Concept ACK on doing something about the vague/confusing security model ("trusted but also not trusted") of the REST API.

i'd also concept ACK a solid plan to eliminate the json rpc and make everything rest based and provide the json rpc through a proxy, but that seems less likely since there are far more apis / users / uses of the json rpcs and there's only 9 REST APIs presently

Yes removing JSON-RPC doesn't make sense IMO. Infact it is the only thing I liked in Bitcoin Core because GUI feels like Windows 95. Although UI/UX is not a problem anymore since lot of projects have better GUI with option to use Bitcoin Core with RPC credentials.

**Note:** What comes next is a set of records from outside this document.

-- ===== src/Deposit/StateMachine.antt =====
-- The only writer of a deposit's status: src/modules/deposit/deposit-state.machine.ts.
pub mod Edges
pub mod Writes
pub mod Moves
pub mod Once
pub mod Patch
pub mod ReadBack
pub mod Accepted
use telegram_mini_app.Prelude.{
  ℕ, Bool, true, false, ◌&&◌, List, [], ◌∷◌, Option, none, some, find, keep, length, map_where,
  or_else, ◌==◌, if◌then◌else◌,
}
use telegram_mini_app.Prelude.Text.{Text, text_eq}
use telegram_mini_app.Types.{
  DepositStatus, draft, awaiting_proof, submitted, under_review, pending_second_approval, approved,
  crediting, credited, credit_failed, needs_reconciliation, rejected, expired, reversed, status_in,
  Actor, player_actor, admin_actor, system_actor, Error, illegal_transition, record_not_found,
}
use telegram_mini_app.Db.{
  Db, Env, Tx, pure, throw, ◌>>=◌, ◌>>◌, require_effective_tenant_id, is_deposit,
}
use telegram_mini_app.Db.Rows.{Deposit, DepositTransition}
use telegram_mini_app.Uuid.{is_uuid}
use Patch.{PatchField, apply_patch}

-- `ALLOWED_TRANSITIONS`.
abbrev pub allowed_transitions : DepositStatus → List DepositStatus
allowed_transitions draft = awaiting_proof ∷ submitted ∷ expired ∷ rejected ∷ []
allowed_transitions awaiting_proof = submitted ∷ expired ∷ rejected ∷ []
allowed_transitions submitted =
    under_review ∷ pending_second_approval ∷ approved ∷ rejected ∷ expired ∷ []
allowed_transitions under_review =
    submitted ∷ under_review ∷ pending_second_approval ∷ approved ∷ rejected ∷ expired ∷ []
allowed_transitions pending_second_approval = approved ∷ rejected ∷ expired ∷ []
allowed_transitions approved = crediting ∷ reversed ∷ []
allowed_transitions crediting = credited ∷ credit_failed ∷ needs_reconciliation ∷ approved ∷ []
allowed_transitions credited = reversed ∷ []
allowed_transitions credit_failed = approved ∷ needs_reconciliation ∷ reversed ∷ []
allowed_transitions needs_reconciliation = credited ∷ credit_failed ∷ approved ∷ reversed ∷ []
allowed_transitions rejected = []
allowed_transitions expired = []
allowed_transitions reversed = []

abbrev pub terminal_statuses : List DepositStatus
terminal_statuses = rejected ∷ expired ∷ reversed ∷ credited ∷ []

abbrev pub reviewable_statuses : List DepositStatus
reviewable_statuses = submitted ∷ under_review ∷ pending_second_approval ∷ []

abbrev pub is_terminal : DepositStatus → Bool
is_terminal s = status_in s terminal_statuses

-- `from` is the list that the code makes of a single status or of several. A `guard` is the extra
-- predicate of the compare-and-swap.
pub record TransitionInput : Type 0 where
  pub deposit_request_id : Text
  pub from : List DepositStatus
  pub to : DepositStatus
  pub actor : Actor
  pub patch : List PatchField
  pub guard : Deposit → Bool

pub data AlreadyHandledReason : Type 0 where
  not_found_reason status_mismatch guard_failed : AlreadyHandledReason

pub data TransitionOutcome : Type 0 where
  transitioned : Deposit → DepositStatus → TransitionOutcome
  already_handled : Option DepositStatus → AlreadyHandledReason → TransitionOutcome

-- `guard` where the caller gives none.
abbrev pub no_guard : Deposit → Bool
no_guard d = true

abbrev pub is_legal : DepositStatus → DepositStatus → Bool
is_legal from to = status_in to (allowed_transitions from)

-- The loop of `assertLegal` over every declared `from`.
unfoldable pub assert_all_legal : List DepositStatus → DepositStatus → Tx (Unit {0})
assert_all_legal [] to db = pure tt db
assert_all_legal (from ∷ rest) to db =
    let next = assert_all_legal rest to db in
    if is_legal from to then next else throw (illegal_transition from to) db

actor_uuid : Text → Option Text
actor_uuid id = if is_uuid id then some id else none

-- `normalizeActorId` of the actor's id.
pub normalize_actor_id : Actor → Option Text
normalize_actor_id (player_actor id) = actor_uuid id
normalize_actor_id (admin_actor id) = actor_uuid id
normalize_actor_id system_actor = none

-- The WHERE clause of the compare-and-swap.
abbrev pub matches : Text → TransitionInput → Deposit → Bool
matches tenant input d =
    input.guard d && (is_deposit tenant input.deposit_request_id d && status_in d.status input.from)

-- Its `data`: the status, then the patch; Prisma stamps `updated_at`.
abbrev pub written : Env → TransitionInput → Deposit → Deposit
written env input d =
    let moved = record d { status = input.to } in
    record (apply_patch input.patch moved) { updated_at = env.now }

-- `updateMany`, which returns how many rows matched.
unfoldable pub update_many : Env → Text → TransitionInput → Tx ℕ
update_many env tenant input db =
    pure (length (keep (matches tenant input) db.deposits))
      (record db { deposits = map_where (matches tenant input) (written env input) db.deposits })

-- Why nothing matched.
unfoldable pub explain_miss : Text → TransitionInput → Tx TransitionOutcome
explain_miss tenant input db =
    elim (find (is_deposit tenant input.deposit_request_id) db.deposits) [
      | none ↦ pure (already_handled none not_found_reason) db
      | some row ↦
          pure
            (already_handled (some row.status)
              (if status_in row.status input.from then guard_failed else status_mismatch))
            db
    ]

abbrev pub single_from : List DepositStatus → Option DepositStatus
single_from (s ∷ []) = some s
single_from _ = none

-- The history row of the move, which names the deposit's own operator.
pub history_row : TransitionInput → Deposit → DepositTransition
unfolding normalize_actor_id actor_uuid
history_row input d = record {
  tenant_id = d.tenant_id;
  deposit_request_id = input.deposit_request_id;
  from_status = single_from input.from;
  to_status = input.to;
  actor = input.actor;
  actor_id = normalize_actor_id input.actor;
  from_candidates = elim (single_from input.from) [ none ↦ input.from | some s ↦ [] ];
}

-- `findUniqueOrThrow` of the row that was just written, then `depositTransition.create`.
unfoldable pub record_move : Text → TransitionInput → Tx TransitionOutcome
unfolding history_row
record_move tenant input db = elim (find (is_deposit tenant input.deposit_request_id) db.deposits) [
  | none ↦ throw record_not_found db
  | some d ↦
      pure (transitioned d (or_else (single_from input.from) d.status))
        (record db { transitions = history_row input d ∷ db.transitions })
]

unfoldable pub transition : Env → TransitionInput → Tx TransitionOutcome
unfolding assert_all_legal update_many explain_miss record_move
transition env input = do
  assert_all_legal input.from input.to
  tenant ← require_effective_tenant_id env
  count ← update_many env tenant input
  if count == 0 then explain_miss tenant input else record_move tenant input

moved_deposit : TransitionOutcome → Option Deposit
moved_deposit (transitioned d from) = some d
moved_deposit (already_handled current reason) = none

unfoldable pub try_transition : Env → TransitionInput → Tx (Option Deposit)
unfolding moved_deposit
try_transition env input = do outcome ← transition env input; pure (moved_deposit outcome)
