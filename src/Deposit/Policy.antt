-- ===== src/Deposit/Policy.antt =====
-- May this player open a deposit of this amount? src/modules/deposit/services/deposit-policy.service.ts,
-- with the queries of src/modules/deposit/repositories/deposit.repository.ts that it asks. The extension
-- src/core/prisma/tenant-scope.extension.ts adds the operator in context to the filters of the client's
-- queries, not to raw SQL.
pub mod Permits
use telegram_mini_app.Prelude.{
  ℕ, suc, ◌+◌, ◌*◌, Bool, true, false, not, ◌&&◌, ◌||◌, List, [], ◌∷◌, Option, none, some, any,
  find, keep, length, map, or_else, ltb, leb, ◌==◌, if◌then◌else◌,
}
use telegram_mini_app.Prelude.Integers.{ℤ, pos, negsuc, ◌+ℤ◌, leb_ℤ, sum_ℤ}
use telegram_mini_app.Prelude.Text.{Text, text_eq}
use telegram_mini_app.Types.{
  DepositStatus, draft, awaiting_proof, submitted, under_review, pending_second_approval, approved,
  crediting, credit_failed, rejected, expired, reversed, status_in, status_eq, PlayerStatus,
  pending_ichancy, active, suspended, self_excluded, closed, Error, business_rule, record_not_found,
  player_self_excluded, player_suspended, deposit_too_many_open, single_deposit_limit_exceeded,
  deposit_cooldown_active, deposit_cap_exceeded,
}
use telegram_mini_app.Db.{
  Db, Env, Tx, pure, throw, ◌>>=◌, ◌>>◌, require, require_effective_tenant_id,
}
use telegram_mini_app.Db.Rows.{Deposit, Player, PlayerLimit, SelfExclusion}

abbrev pub open_statuses : List DepositStatus
open_statuses =
    draft ∷ awaiting_proof ∷ submitted ∷ under_review ∷ pending_second_approval ∷ approved
    ∷ crediting ∷ []

abbrev pub max_open_deposits_per_player : ℕ
max_open_deposits_per_player = 3

abbrev pub deposit_cap_window_hours : ℕ
deposit_cap_window_hours = 24

abbrev pub hour_ms : ℕ
hour_ms = 60 * 60 * 1000

pub record PolicyCheckInput : Type 0 where
  pub player_id : Text
  pub currency_code : Text
  pub amount_minor : ℤ

pub record PolicyDecision : Type 0 where
  pub applied_limit_id : Option Text
  pub window_used_minor : ℤ
  pub window_cap_minor : Option ℤ

-- The filter that the extension adds: the operator in context, where there is one.
abbrev pub in_effective_tenant : Env → Text → Bool
in_effective_tenant env tenant = elim env.tenant [ none ↦ true | some t ↦ text_eq tenant t ]

abbrev pub is_after : Option ℕ → ℕ → Bool
is_after none now = true
is_after (some t) now = ltb now t

abbrev pub is_excluding : Env → Text → SelfExclusion → Bool
is_excluding env player x =
    in_effective_tenant env x.tenant_id
    && (text_eq x.player_id player
        && (elim x.revoked_at [ none ↦ true | some t ↦ false ]
            && (leb x.starts_at env.now && is_after x.ends_at env.now)))

unfoldable pub assert_not_self_excluded : Env → Text → Tx (Unit {0})
assert_not_self_excluded env player db =
    require (not (any (is_excluding env player) db.exclusions)) (business_rule player_self_excluded)
      db

abbrev pub may_deposit : PlayerStatus → Bool
may_deposit pending_ichancy = true
may_deposit active = true
may_deposit suspended = false
may_deposit self_excluded = false
may_deposit closed = false

abbrev pub is_player : Text → Text → Player → Bool
is_player tenant id p = text_eq p.id id && text_eq p.tenant_id tenant

unfoldable pub assert_player_active : Env → Text → Tx (Unit {0})
assert_player_active env player = do
  tenant ← require_effective_tenant_id env
  λ db. elim (find (is_player tenant player) db.players) [
    | none ↦ throw record_not_found db
    | some p ↦ require (may_deposit p.status) (business_rule player_suspended) db
  ]

abbrev pub is_open_of : Env → Text → Deposit → Bool
is_open_of env player d =
    in_effective_tenant env d.tenant_id
    && (text_eq d.player_id player && status_in d.status open_statuses)

-- `DepositRepository.countOpenForPlayer`.
abbrev pub count_open_for_player : Env → Text → List Deposit → ℕ
count_open_for_player env player deposits = length (keep (is_open_of env player) deposits)

unfoldable pub assert_not_too_many_open : Env → Text → Tx (Unit {0})
assert_not_too_many_open env player db =
    require (ltb (count_open_for_player env player db.deposits) max_open_deposits_per_player)
      (business_rule deposit_too_many_open) db

abbrev pub is_in_force : Env → Text → Text → PlayerLimit → Bool
is_in_force env player currency l =
    in_effective_tenant env l.tenant_id
    && (text_eq l.player_id player
        && (text_eq l.currency_code currency
            && (leb l.effective_from env.now && is_after l.effective_to env.now)))

-- The row that took effect last.
abbrev pub newest : List PlayerLimit → Option PlayerLimit
newest [] = none
newest (l ∷ ls) =
    let rest = newest ls in
    elim rest [
      | none ↦ some l
      | some k ↦ if leb k.effective_from l.effective_from then some l else some k
    ]

unfoldable pub effective_limit : Env → Text → Text → Db → Option PlayerLimit
effective_limit env player currency db =
    newest (keep (is_in_force env player currency) db.player_limits)

abbrev pub allows : Option ℤ → ℤ → Bool
allows none amount = true
allows (some most) amount = leb_ℤ amount most

unfoldable pub assert_single_deposit_limit : Option PlayerLimit → ℤ → Tx (Unit {0})
assert_single_deposit_limit none amount = pure tt
assert_single_deposit_limit (some l) amount =
    require (allows l.max_single_deposit_minor amount) (business_rule single_deposit_limit_exceeded)

-- A cooldown that is not positive is none.
abbrev pub cooldown_of : PlayerLimit → ℕ
cooldown_of l = elim l.cooldown_minutes [
  | none ↦ 0
  | some minutes ↦ elim minutes [ pos n ↦ n | negsuc n ↦ 0 ]
]

abbrev pub is_submission_of : Env → Text → Deposit → Bool
is_submission_of env player d =
    in_effective_tenant env d.tenant_id
    && (text_eq d.player_id player && not (status_eq d.status draft))

-- The instant of the row that was created last, and its query, `DepositRepository.lastSubmissionAt`.
abbrev pub last_created : List Deposit → Option ℕ
last_created [] = none
last_created (d ∷ ds) =
    let rest = last_created ds in
    elim rest [
      | none ↦ some d.created_at
      | some t ↦ some (if ltb t d.created_at then d.created_at else t)
    ]

abbrev pub last_submission_at : Env → Text → List Deposit → Option ℕ
last_submission_at env player deposits = last_created (keep (is_submission_of env player) deposits)

abbrev pub is_ready : ℕ → ℕ → Option ℕ → Bool
is_ready cooldown now none = true
is_ready cooldown now (some last) = leb (last + cooldown * 60000) now

unfoldable pub assert_cooldown : Env → Option PlayerLimit → Text → Tx (Unit {0})
assert_cooldown env none player db = pure tt db
assert_cooldown env (some l) player db =
    require
      (cooldown_of l == 0
        || is_ready (cooldown_of l) env.now (last_submission_at env player db.deposits))
      (business_rule deposit_cooldown_active) db

abbrev pub uncounted_statuses : List DepositStatus
uncounted_statuses = rejected ∷ expired ∷ reversed ∷ credit_failed ∷ []

-- Created at or after `now - 24 h`, without going below zero.
abbrev pub counts_since : ℕ → Text → Deposit → Bool
counts_since now player d =
    text_eq d.player_id player
    && (leb now (d.created_at + deposit_cap_window_hours * hour_ms)
        && not (status_in d.status uncounted_statuses))

-- `DepositRepository.sumAcceptedSince`, in raw SQL.
unfoldable pub sum_accepted_since : ℕ → Text → List Deposit → ℤ
sum_accepted_since now player deposits = sum_ℤ (
    map (λ (d : Deposit). or_else d.verified_amount_minor d.claimed_amount_minor)
      (keep (counts_since now player) deposits))

abbrev pub cap_of : Option PlayerLimit → Option ℤ
cap_of none = none
cap_of (some l) = l.daily_deposit_cap_minor

unfoldable pub assert_rolling_cap : Env → Option PlayerLimit → PolicyCheckInput → Tx (ℤ × Option ℤ)
assert_rolling_cap env limit input db =
    let used = sum_accepted_since env.now input.player_id db.deposits in
    (do
      require (allows (cap_of limit) (used +ℤ input.amount_minor))
          (business_rule deposit_cap_exceeded)
      pure (used, cap_of limit))
      db

abbrev pub limit_id : Option PlayerLimit → Option Text
limit_id none = none
limit_id (some l) = some l.id

unfoldable pub assert_may_deposit : Env → PolicyCheckInput → Tx PolicyDecision
assert_may_deposit env input db =
    let limit = effective_limit env input.player_id input.currency_code db in
    (do
      assert_not_self_excluded env input.player_id
      assert_player_active env input.player_id
      assert_not_too_many_open env input.player_id
      assert_single_deposit_limit limit input.amount_minor
      assert_cooldown env limit input.player_id
      window ← assert_rolling_cap env limit input
      pure (record {
        applied_limit_id = limit_id limit;
        window_used_minor = window.0;
        window_cap_minor = window.1;
      }))
      db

It the goal is to remove unnecessary things and focus on important things, improve them etc. based on below tweet:

https://twitter.com/JeremyRubin/status/1440402791676014595

I think we should keep both JSON-RPC and REST. Maybe remove bitcoin-qt. There are trade-offs and few developers might prefer REST. If security is a concern, it can be improved and some of the things are already mentioned in doc/REST-interface.md and doc/JSON-RPC-interface.md

[sipa]

I don't see the problem with having both REST and JSON-RPC (it's pretty straightforward code), nor with their security models.

[tylerchambers]

Every time I've wanted to expose any information from my node over REST I always wound up spinning up a "middleware" in Flask or similar that took the request from the client -> JSON-RPC to core -> response back to client.

As it stands right now I would like to see the REST API drastically improved or removed entirely. Improving it would greatly increase accessibility for people new to the space to build on top of core, which is obviously a net good long term. Would be a pretty big project to get (secure) feature parity with JSON-RPC, + maintenance costs down the line.

I don't see much of a downside to removing it (but I'm not sure how utilized it is).

Keeping the REST API in its current state and doing nothing has potential security implications long term, without much utility gained in the best case.

Removing it and providing something in Python or similar as a REST bridge to the JSON-RPC functionality (or at least giving some examples on how to do so? an official python JSON-RPC library for core?) may be a happy medium.

[JeremyRubin]

one thing i've noticed is the utxos rest API does not seem to be a valid rest API (it should use query parameters for >1 utxo?)

[sipa]

Would be a pretty big project to get (secure) feature parity with JSON-RPC, + maintenance costs down the line.

The REST interface is designed for fast, low-overhead access to public data only. It's not intended to be an alternative to RPC.